I say it's fine as long as it isn't one of these kinds with lots of salt. Most breeders I know give their kittens butter.


----------



## ForJazz (Dec 30, 2003)

Well there you go. It makes sense that it would be fine for the little ones. I just know I'd never give it to a grown cat if I could help it.  Fatten those little babies up! They are so cute with their little round tummies. 

Jeanie -- I am surprised that there are no siamese kitties in shelters around you, because we get tons. But they tend to go in waves -- so do you think you'll just wait for a while and see if some pop up? Or do you think you'll give in and get a purebred?


----------



## Rachael898 (Feb 5, 2006)

They are the cutest things I've seen


----------



## dragonfire (Aug 1, 2005)

ForJazz said:


> I just know I'd never give it to a grown cat if I could help it.


Why? Grown cats needs fat too....


----------



## ForJazz (Dec 30, 2003)

It's not that they don't need fat. A Snickers bar has fat in it too -- that doesn't mean I would feed it to my cats. I never feed my cats people food. I feed them meat and high-quality cat food. The ingredients of butter aren't even good for me, so I'd never give it to my cats. I only use it sparingly when cooking. They'll get their fat elsewhere. 

There seems to be a bit of a difference here between America and Europe, because this isn't the first time I've gotten into this discussion. My friend Brad from the UK puts butters and oils on just about everything -- things I've never even heard of putting them on. I think it's just a cultural difference. Please don't get me wrong -- I am definitely not saying you are wrong or anything. I don't know enough about feline nutrition to have any say.


----------



## Jeanie (Jun 18, 2003)

ForJazz said:


> ....
> Jeanie -- I am surprised that there are no siamese kitties in shelters around you, because we get tons. But they tend to go in waves -- so do you think you'll just wait for a while and see if some pop up? Or do you think you'll give in and get a purebred?


The cats the shelters here are calling "Siamese Mix" look nothing like a Siamese. I found a Himalayan Mix with a doll face, and was chosen as the only person fitting the qualifications, and I was so thrilled. She looked like Precious, but with long hair. 

She hid constantly because the owners had children. However, when the family was told there was a home for her, they thought "she was doing a bit better." After hiding for four years, I don't think she'll be any happier!  She was a seal point, and beautiful. I had just about given up, and was so happy...until they changed their minds. 

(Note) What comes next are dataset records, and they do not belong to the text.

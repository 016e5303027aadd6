-- ===== src/Store/Block.antt =====
-- One block's payload: internal/store/format.go, the encoding half of `flushBlock` in
-- internal/store/writer.go, and `decodeBlock` in internal/store/reader.go.
pub mod RoundTrip
pub mod Total
pub mod Panics
use r_dns_crawler.Base.{
  ℕ, zero, suc, ◌+◌, ◌-◌, ◌%◌, ◌^◌, Bool, true, false, not, List, [], ◌∷◌, ◌++◌, Option, some, none,
  Bytes, length, take, drop, bit_and, bit_or, ltb, ◌==◌, if◌then◌else◌,
}
use r_dns_crawler.Base.Results.{Result, ok, err, ◌>>=◌}
use r_dns_crawler.Model.Record.{Record}
use r_dns_crawler.Model.Status.{code, has_ptr, code_has_ptr}
use r_dns_crawler.Store.Template.{encode_template, decode_template}
use r_dns_crawler.Store.Varint.{append_uvarint, uvarint}

abbrev pub max_ptr_names : ℕ
max_ptr_names = 32

abbrev pub status_mask : ℕ
status_mask = 0x0f

abbrev pub flag_fc_checked : ℕ
flag_fc_checked = 16

abbrev pub flag_fc_match : ℕ
flag_fc_match = 32

-- `Rec`, a decoded stored record.
pub record Rec : Type 0 where
  pub ip : ℕ
  pub status : ℕ
  pub ptr : List Bytes
  pub fc_checked : Bool
  pub fc_match : Bool

-- The status byte of a record.
unfoldable pub status_flags : ℕ → Option Bool → ℕ
status_flags c none = bit_and c status_mask
status_flags c (some false) = bit_or (bit_and c status_mask) flag_fc_checked
status_flags c (some true) = bit_or (bit_or (bit_and c status_mask) flag_fc_checked) flag_fc_match

-- What the rounds of the loop over `names` append to `raw`.
unfoldable pub encode_names : ℕ → List Bytes → Bytes
encode_names ip [] = []
encode_names ip (n ∷ names) =
    let t = encode_template ip n in append_uvarint [] (length t) ++ (t ++ encode_names ip names)

-- `len(names) > maxPTRNames` cuts the slice; `take` changes no shorter list.
unfoldable pub encode_ptr : Record → Bytes
encode_ptr r =
    let names = take max_ptr_names r.ptr in
    if has_ptr r.status then append_uvarint [] (length names) ++ encode_names r.ip_int names else []

-- The distance to the record before it is a uint32; the first record has its whole address.
abbrev pub encode_delta : Bool → ℕ → ℕ → ℕ
encode_delta true prev ip = ip
encode_delta false prev ip = (ip + 2 ^ 32 - prev) % 2 ^ 32

-- What one round of the loop over `w.buf` appends to `raw`.
unfoldable pub encode_record : Bool → ℕ → Record → Bytes
encode_record first prev r =
    append_uvarint [] (encode_delta first prev r.ip_int)
    ++ (status_flags (code r.status) r.f_cr_dns ∷ encode_ptr r)

unfoldable pub encode_records : Bool → ℕ → List Record → Bytes
encode_records first prev [] = []
encode_records first prev (r ∷ rs) = encode_record first prev r ++ encode_records false r.ip_int rs

-- The payload of a block, its records sorted already.
unfoldable pub encode_block : List Record → Bytes
encode_block rs = encode_records true 0 rs

pub data ScanError : Type 0 where
  bad_ip_delta missing_status bad_ptr_count bad_name_len name_overruns : ScanError
  truncated_tail block_decompress header_short : ScanError

-- How a scan ends: with no error, with one, or in a run-time panic. `stuck` is no outcome of the
-- program: the model's loop ran out of fuel.
pub data Outcome : Type 0 where
  finished : Outcome
  failed : ScanError → Outcome
  panicked : Outcome
  stuck : Outcome

-- `n <= 0` is an error.
unfoldable pub read_uvarint : ScanError → Bytes → Result Outcome (ℕ × Bytes)
read_uvarint e b = elim (uvarint b) [ none ↦ err (failed e) | some (v, rest) ↦ ok (v, rest) ]

-- The length of `raw[off : off+int(l)]`. The sum is an int of 64 bits, so it may wrap below zero:
-- it passes the test then, and the slice expression panics.
unfoldable pub name_size : ℕ → ℕ → ℕ → Result Outcome ℕ
name_size len off l =
    let end = (off + l) % 2 ^ 64 in
    if ltb end (2 ^ 63)
    then (if ltb len end
        then err (failed name_overruns)
        else if ltb end off
        then err panicked
        else ok (end - off))
    else err panicked

unfoldable pub read_status : Bytes → Result Outcome (ℕ × Bytes)
read_status [] = err (failed missing_status)
read_status (sf ∷ rest) = ok (sf, rest)

-- `uint32(delta)`, on top of the record before.
abbrev pub decode_delta : Bool → ℕ → ℕ → ℕ
decode_delta true prev delta = delta % 2 ^ 32
decode_delta false prev delta = (prev + delta % 2 ^ 32) % 2 ^ 32

-- `len` is the length of the whole payload, so the offset is what has been read of it.
module _ (len : ℕ) where
  unfoldable pub read_names : ℕ → ℕ → Bytes → Result Outcome (List Bytes × Bytes)
  read_names ip zero raw = ok ([], raw)
  read_names ip (suc count) raw = do
    (l, rest) ← read_uvarint bad_name_len raw
    n ← name_size len (len - length rest) l
    (names, left) ← read_names ip count (drop n rest)
    ok (decode_template ip (take n rest) ∷ names, left)

  unfoldable pub read_ptr : ℕ → ℕ → Bytes → Result Outcome (List Bytes × Bytes)
  read_ptr ip status raw =
      if status == code_has_ptr
      then (do (count, rest) ← read_uvarint bad_ptr_count raw; read_names ip count rest)
      else ok ([], raw)

  -- One round of the loop of `decodeBlock`.
  unfoldable pub read_record : Bool → ℕ → Bytes → Result Outcome (Rec × Bytes)
  read_record first prev raw = do
    (delta, rest) ← read_uvarint bad_ip_delta raw
    let ip = decode_delta first prev delta
    (sf, rest') ← read_status rest
    let status = bit_and sf status_mask
    (names, left) ← read_ptr ip status rest'
    ok (
      record {
        ip = ip;
        status = status;
        ptr = names;
        fc_checked = not (bit_and sf flag_fc_checked == 0);
        fc_match = not (bit_and sf flag_fc_match == 0);
      },
      left,
    )

  -- The records handed to the callback, in order, and how the loop ended.
  unfoldable pub decode_records : ℕ → Bool → ℕ → Bytes → List Rec × Outcome
  decode_records fuel first prev [] = ([], finished)
  decode_records zero first prev (b ∷ raw) = ([], stuck)
  decode_records (suc fuel) first prev (b ∷ raw) = elim (read_record first prev (b ∷ raw)) [
    | err e ↦ ([], e)
    | ok (r, rest) ↦ let (rs, e) = decode_records fuel false r.ip rest in (r ∷ rs, e)
  ]

-- Each round takes bytes, so as many rounds as there are bytes are enough.
unfoldable pub decode_block : Bytes → List Rec × Outcome
decode_block raw = decode_records (length raw) (length raw) true 0 raw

I have seen one in Ohio (on Petfinder) that was perfect, but 13 years old, and I couldn't take the pain of another loss in only a few years. She would have to have been the only cat in the house, so that wouldn't do. My collie died last year, and Precious this year. It's so hard to take.

I will continue to look for an adult until kitten season. I have left my name at vets and several shelters, so I haven't given up yet. There was a black cat in the neighborhood, and we were feeding her, but noone could approach her. I would never turn down a black stray. That's what I've had all of my life. But my heart aches for Precious. I look at Petfinder every day. Poor Blueberry is so lonely. 


PS. My mother was from Scotland, and she always put butter on our cats' noses, to help with hairballs, and I add a tablespoon of oil to my collies' food for their coats. That was common practice in the Collie Club.


----------



## ForJazz (Dec 30, 2003)

That's so sad about your other cat -- I definitely think they mourn just as long as we do. I was also addicted to petfinder after I lost Jazz -- and I remember that feeling like it was yesterday. I felt like I was constantly looking for her. I really hope you find a great cat, and I'm sure you will.


----------



## Jeanie (Jun 18, 2003)

Thank you; I hope you're right.


----------



## dragonfire (Aug 1, 2005)

ForJazz said:


> It's not that they don't need fat. A Snickers bar has fat in it too -- that doesn't mean I would feed it to my cats. I never feed my cats people food. I feed them meat and high-quality cat food. The ingredients of butter aren't even good for me, so I'd never give it to my cats. I only use it sparingly when cooking. They'll get their fat elsewhere.
> 
> There seems to be a bit of a difference here between America and Europe, because this isn't the first time I've gotten into this discussion. My friend Brad from the UK puts butters and oils on just about everything -- things I've never even heard of putting them on. I think it's just a cultural difference. Please don't get me wrong -- I am definitely not saying you are wrong or anything. I don't know enough about feline nutrition to have any say.


A Snickers contains high levels of sugar, so of course it not sutied for a cat.
I'm not saying butter should be in every cats daily menu, but I'm just trying to think of what in the butter is bad for the cat...
The butter is "bad" for us people beacuse it has a lot of saturated fats in it, which is not so good for us, but cats are made for eating that type of fat, which is the type of fat you usually find in meat-products.

Well, maybe it is as you say, I difference in culture.


----------



## Sol (Feb 20, 2003)

We have to consider the difference between animal butter (which in Sweden are very "clean" products... old fashioned butter) and the vegetable kinds that we find in Snickers. The vegetable butter (it isn't even called butter in Sweden, I don't know if you have another name for it in the US but we call it margarin) surely isn't healthy since it often contain trans fatty acids. I don't eat that and I wouldn't even dream of giving it to my cats.

Swedish regular butter is made out of cream. Nothing else, well some kinds contain salt but not all of them.


----------



## ForJazz (Dec 30, 2003)

I think Sol hit this one on the head. Thanks for explaining it better than I could. It's just the way it is over here, and since I don't live in Sweden I don't know what your food is like. I'm not arguing -- just saying what I would not do. 

(ps -- I try to avoid meat by-products at all costs as well)


----------